This week we explored the influence of Japan's Kawaii, Manga and Anime cultures which evolved from subcultures to become forces in global art. Japanese art has a long tradition of using nature, religion and Eastern philosophy as subjects. 19th century European artists like Vincent Van Gogh, Edgar Degas and Claude Monet were greatly influenced by their exposure to Japanese art. Japan also began to reinterpret their traditional styles with western influences which continues most evidently through animation. The popularity of Manga and Anime style of film animation became great influences on contemporary art in Japan and spawned enthusiasts around the world. Disney had an influence on early generations of animators, and in Japan, Manga artists created their own iconic characters: Hello Kitty, Doraemon, Astro Boy, Pokémon and other global cultural exports.

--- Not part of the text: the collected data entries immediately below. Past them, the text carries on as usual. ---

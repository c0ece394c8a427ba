-- ===== src/LocalObjStore/Get/Ops.antt =====
-- The object store of go/cmd/localobjstore/main.go over time: Store, Copy, and Gets that go on after
-- their callback, in any order and with whatever answers.
use babyray.Common.{
  ℕ, ◌≡◌, refl, sym, subst, true, false, Option, none, some, some-injective, List, [], ◌∷◌, Outcome,
  ok, err, length, ◌==◌, ◌&&◌, ==_iff, if◌then◌else◌, arith, Bool-cases, inl, inr,
}
use babyray.Wire.{Bytes, StoreRequest, GetRequest, LocationFoundCallback, CopyRequest, CopyResponse}
use babyray.LocalObjStore.{
  ObjStore, StoreError, system, not_in_store, no_dial, no_copy, put, store, stored, copy,
}
use babyray.LocalObjStore.Get.{
  Peers, get_resumed, dialled, fetched, cached, get_local, get_sized, other_local_address,
}
use babyray.LocalObjStore.SharedMemory.{System, IsSystem}
use babyray.LocalObjStore.Get.Holds.{Holds, KeepsOthers, Puts, put-Puts, IsCopy, copy-Copies}

-- A use of the store: Store, Copy, or a Get that goes on after its callback.
pub data Op (E : Type 0) : Type 0 where
  store_op : StoreRequest → Op E
  copy_op : CopyRequest → Op E
  get_op : Peers E → GetRequest → LocationFoundCallback → Op E

-- What the replies say of an object's bytes. A success gives them; after an error of the system nothing
-- is known of them; other errors come before anything is written.
abbrev pub learn :
    {E A : Type 0}
    → (ℕ → Option Bytes)
    → ℕ
    → (A → Bytes)
    → Outcome (StoreError E) A
    → ℕ
    → Option Bytes
learn known uid bytes (ok a) v = if v == uid then some (bytes a) else known v
learn known uid bytes (err (system e)) v = if v == uid then none else known v
learn known uid bytes (err not_in_store) v = known v
learn known uid bytes (err (no_dial e)) v = known v
learn known uid bytes (err (no_copy e)) v = known v

module _ {M R E F : Type 0} (sys : System M R E) where
  unfoldable pub op : ObjStore M F → Op E → ObjStore M F
  op s (store_op req) = (store sys s req).0
  op s (copy_op req) = (copy sys s req).0
  op s (get_op peers req resp) = (get_resumed sys s peers req resp).0

  unfoldable pub learn_op : ObjStore M F → (ℕ → Option Bytes) → Op E → ℕ → Option Bytes
  learn_op s known (store_op req) = learn known req.uid (λ _. req.object_bytes) (store sys s req).2
  learn_op s known (copy_op req) = known
  learn_op s known (get_op peers req resp) =
      if req.copy && req.cache
      then learn known req.uid (λ r. r.object_bytes) (get_resumed sys s peers req resp).2
      else known

  -- The store and what the replies said, after a list of uses.
  unfoldable pub ops :
      ObjStore M F → (ℕ → Option Bytes) → List (Op E) → ObjStore M F × (ℕ → Option Bytes)
  unfolding op learn_op
  ops s known [] = (s, known)
  ops s known (o ∷ os) = ops (op s o) (learn_op s known o) os

module _ {M R E F : Type 0} (sys : System M R E) (h : IsSystem sys) where
  -- What is known of an object's bytes is what the store has.
  abbrev pub AreHeld : (ℕ → Option Bytes) → ObjStore M F → Type 0
  AreHeld known s = (v : ℕ) (b : Bytes) → known v ≡ some b → Holds sys h s v b

  put-AreHeld :
      (s s' : ObjStore M F) (known : ℕ → Option Bytes) (uid : ℕ) (bytes : Bytes)
      → AreHeld known s
      → KeepsOthers sys h s uid s'
      → Holds sys h s' uid bytes
      → AreHeld (λ v. if v == uid then some bytes else known v) s'
  put-AreHeld s s' known uid bytes held kept now v b e = elim (Bool-cases (v == uid)) [
    | inl same ↦
        let eq : bytes ≡ b = some-injective bytes b (ground (arith, e, same)) in
        subst (λ u. Holds sys h s' u b) (sym ((==_iff v uid).0 same))
          (subst (λ c. Holds sys h s' uid c) eq now)
    | inr other ↦
        kept v b (λ eq. ground (arith, ==_iff v uid, other, eq))
          (held v b (ground (arith, e, other)))
  ]

  lose-AreHeld :
      (s s' : ObjStore M F) (known : ℕ → Option Bytes) (uid : ℕ)
      → AreHeld known s
      → KeepsOthers sys h s uid s'
      → AreHeld (λ v. if v == uid then none else known v) s'
  lose-AreHeld s s' known uid held kept v b e = elim (Bool-cases (v == uid)) [
    | inl same ↦ absurd (ground (arith, e, same))
    | inr other ↦
        kept v b (λ eq. ground (arith, ==_iff v uid, other, eq))
          (held v b (ground (arith, e, other)))
  ]

  stored-AreHeld :
      (s : ObjStore M F) (known : ℕ → Option Bytes) (uid : ℕ) (bytes : Bytes)
      (p : ObjStore M F × Outcome (StoreError E) ℕ)
      → AreHeld known s
      → Puts sys h s uid bytes p
      → AreHeld (learn known uid (λ _. bytes) (stored sys uid p).2) (stored sys uid p).0
  unfolding stored
  stored-AreHeld s known uid bytes (s', ok n) held puts =
      put-AreHeld s s' known uid bytes held puts.1 puts.0
  stored-AreHeld s known uid bytes (s', err (system e)) held puts =
      lose-AreHeld s s' known uid held puts.1
  stored-AreHeld s known uid bytes (s', err not_in_store) held puts =
      absurd (ground (arith, puts.0.1))
  stored-AreHeld s known uid bytes (s', err (no_dial e)) held puts =
      absurd (ground (arith, puts.0.1))
  stored-AreHeld s known uid bytes (s', err (no_copy e)) held puts =
      absurd (ground (arith, puts.0.1))

  cached-AreHeld :
      (s : ObjStore M F) (known : ℕ → Option Bytes) (req : GetRequest)
      (resp : LocationFoundCallback) (bytes : Bytes) (p : ObjStore M F × Outcome (StoreError E) ℕ)
      → AreHeld known s
      → Puts sys h s req.uid bytes p
      → let reply = cached req resp bytes p in
        AreHeld (learn known req.uid (λ r. r.object_bytes) reply.2) reply.0
  unfolding cached
  cached-AreHeld s known req resp bytes (s', ok n) held puts =
      put-AreHeld s s' known req.uid bytes held puts.1 puts.0
  cached-AreHeld s known req resp bytes (s', err (system e)) held puts =
      lose-AreHeld s s' known req.uid held puts.1
  cached-AreHeld s known req resp bytes (s', err not_in_store) held puts =
      absurd (ground (arith, puts.0.1))
  cached-AreHeld s known req resp bytes (s', err (no_dial e)) held puts =
      absurd (ground (arith, puts.0.1))
  cached-AreHeld s known req resp bytes (s', err (no_copy e)) held puts =
      absurd (ground (arith, puts.0.1))

  fetched-AreHeld :
      (s : ObjStore M F) (known : ℕ → Option Bytes) (req : GetRequest)
      (resp : LocationFoundCallback) (o : Outcome E CopyResponse)
      → AreHeld known s
      → req.cache ≡ true
      → let reply = fetched sys s req resp o in
        AreHeld (learn known req.uid (λ r. r.object_bytes) reply.2) reply.0
  unfolding fetched
  fetched-AreHeld s known req resp (err e) held cache = held
  fetched-AreHeld s known req resp (ok x) held cache = rw cache (
      cached-AreHeld s known req resp x.object_bytes (put sys s req.uid x.object_bytes) held
        (put-Puts sys h s req.uid x.object_bytes))

  dialled-AreHeld :
      (s : ObjStore M F) (known : ℕ → Option Bytes) (peers : Peers E) (req : GetRequest)
      (resp : LocationFoundCallback) (o : Option E)
      → AreHeld known s
      → req.cache ≡ true
      → let reply = dialled sys s peers req resp o in
        AreHeld (learn known req.uid (λ r. r.object_bytes) reply.2) reply.0
  unfolding dialled
  dialled-AreHeld s known peers req resp (some e) held cache = held
  dialled-AreHeld s known peers req resp none held cache =
      fetched-AreHeld s known req resp _ held cache

  fetched-same :
      (s : ObjStore M F) (req : GetRequest) (resp : LocationFoundCallback)
      (o : Outcome E CopyResponse)
      → req.cache ≡ false
      → (fetched sys s req resp o).0 ≡ s
  unfolding fetched
  fetched-same s req resp (err e) off = refl
  fetched-same s req resp (ok x) off = rw off refl

  dialled-same :
      (s : ObjStore M F) (peers : Peers E) (req : GetRequest) (resp : LocationFoundCallback)
      (o : Option E)
      → req.cache ≡ false
      → (dialled sys s peers req resp o).0 ≡ s
  unfolding dialled
  dialled-same s peers req resp (some e) off = refl
  dialled-same s peers req resp none off = fetched-same s req resp _ off

  op-AreHeld :
      (s : ObjStore M F) (known : ℕ → Option Bytes) (o : Op E)
      → AreHeld known s
      → AreHeld (learn_op sys s known o) (op sys s o)
  unfolding op learn_op store get_resumed
  op-AreHeld s known (store_op req) held =
      stored-AreHeld s known req.uid req.object_bytes (put sys s req.uid req.object_bytes) held
        (put-Puts sys h s req.uid req.object_bytes)
  op-AreHeld s known (copy_op req) held = λ v b e. (copy-Copies sys h s req).0 v b (held v b e)
  op-AreHeld s known (get_op peers req resp) held = elim (Bool-cases req.copy) [
    | inr no_copying ↦ rw no_copying held
    | inl copying ↦ rw copying (elim (Bool-cases req.cache) [
      | inl caching ↦ rw caching (
          dialled-AreHeld s known peers (record req { copy = true; cache = true }) resp _ held refl)
      | inr uncached ↦ rw uncached (
          rw
            (dialled-same s peers (record req { copy = true; cache = false }) resp
              (peers.dial (other_local_address peers resp)) refl)
            held)
    ])
  ]

  ops-AreHeld :
      (s : ObjStore M F) (known : ℕ → Option Bytes) (os : List (Op E))
      → AreHeld known s
      → AreHeld (ops sys s known os).1 (ops sys s known os).0
  unfolding ops
  ops-AreHeld s known [] held = held
  ops-AreHeld s known (o ∷ os) held =
      ops-AreHeld (op sys s o) (learn_op sys s known o) os (op-AreHeld s known o held)

  get_local-Holds :
      (s : ObjStore M F) (req : GetRequest) (b : Bytes)
      → Holds sys h s req.uid b
      → get_local s req
        ≡ some (record { uid = req.uid; object_bytes = []; is_local = true; size = length b })
  unfolding get_local get_sized
  get_local-Holds s req b was = rw was.sized refl

  -- After any uses of a store about which nothing was known: for an object whose last write succeeded,
  -- by Store or by a Get that caches, with no error of the system in a write since, the local Get
  -- replies that the object is local, with the size of the bytes that were written and with no bytes,
  -- and Copy gives exactly the bytes that were written or an error of the system.
  pub ops-Holds :
      (s : ObjStore M F) (os : List (Op E)) (req : GetRequest) (requester : ℕ) (b : Bytes)
      → (ops sys s (λ _. none) os).1 req.uid ≡ some b
      → let after = (ops sys s (λ _. none) os).0 in
        (get_local after req
          ≡ some (record { uid = req.uid; object_bytes = []; is_local = true; size = length b }))
        × IsCopy b (copy sys after (record { uid = req.uid; requester = requester })).1
  ops-Holds s os req requester b e =
      let held =
        ops-AreHeld s (λ _. none) os (λ v c clash. absurd (ground (arith, clash))) req.uid b e in
      let after = (ops sys s (λ _. none) os).0 in
      (
        get_local-Holds after req b held,
        (copy-Copies sys h after (record { uid = req.uid; requester = requester })).1 b held,
      )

Kawaii's influence is a force behind fashion, film and gaming, and it has seeped into the landscape of contemporary art. The Japanese term which translates as “cute", idealizes childlike innocence with pastel colors, and round nostalgic characters with large innocent eyes. The popularity of Kawaii is most evident in the works of contemporary artists Yoshitomo Nara and Takashi Murakami, who create nostalgic reimagining of childhood fantasies with satires of today’s hyper-consumer society. Murakami is often billed as Japan’s Andy Warhol, and just like the American Pop artist, his signature style makes no distinction between high and low art or culture. Kawaii characters are metaphors, and their appeal is that they are not just expressly designed for children, but within the realm of contemporary artists become satirized to represent the embodiment of materialism and lost innocence.
For this lesson we viewed a variety of contemporary Japanese artists who are inspired by the culture of Kawaii. Through animation, books and products, the class was already very familiar with many of the characters and the styles. We concentrated on the big eyes, and they did some sketches before beginning their own interpretations “inspired by Kawaii and Anime”. Their art is a combination of collage, drawing and painting, and the materials used were black markers, colored paper, Japanese origami paper, Kwik Sticks, and paint pens.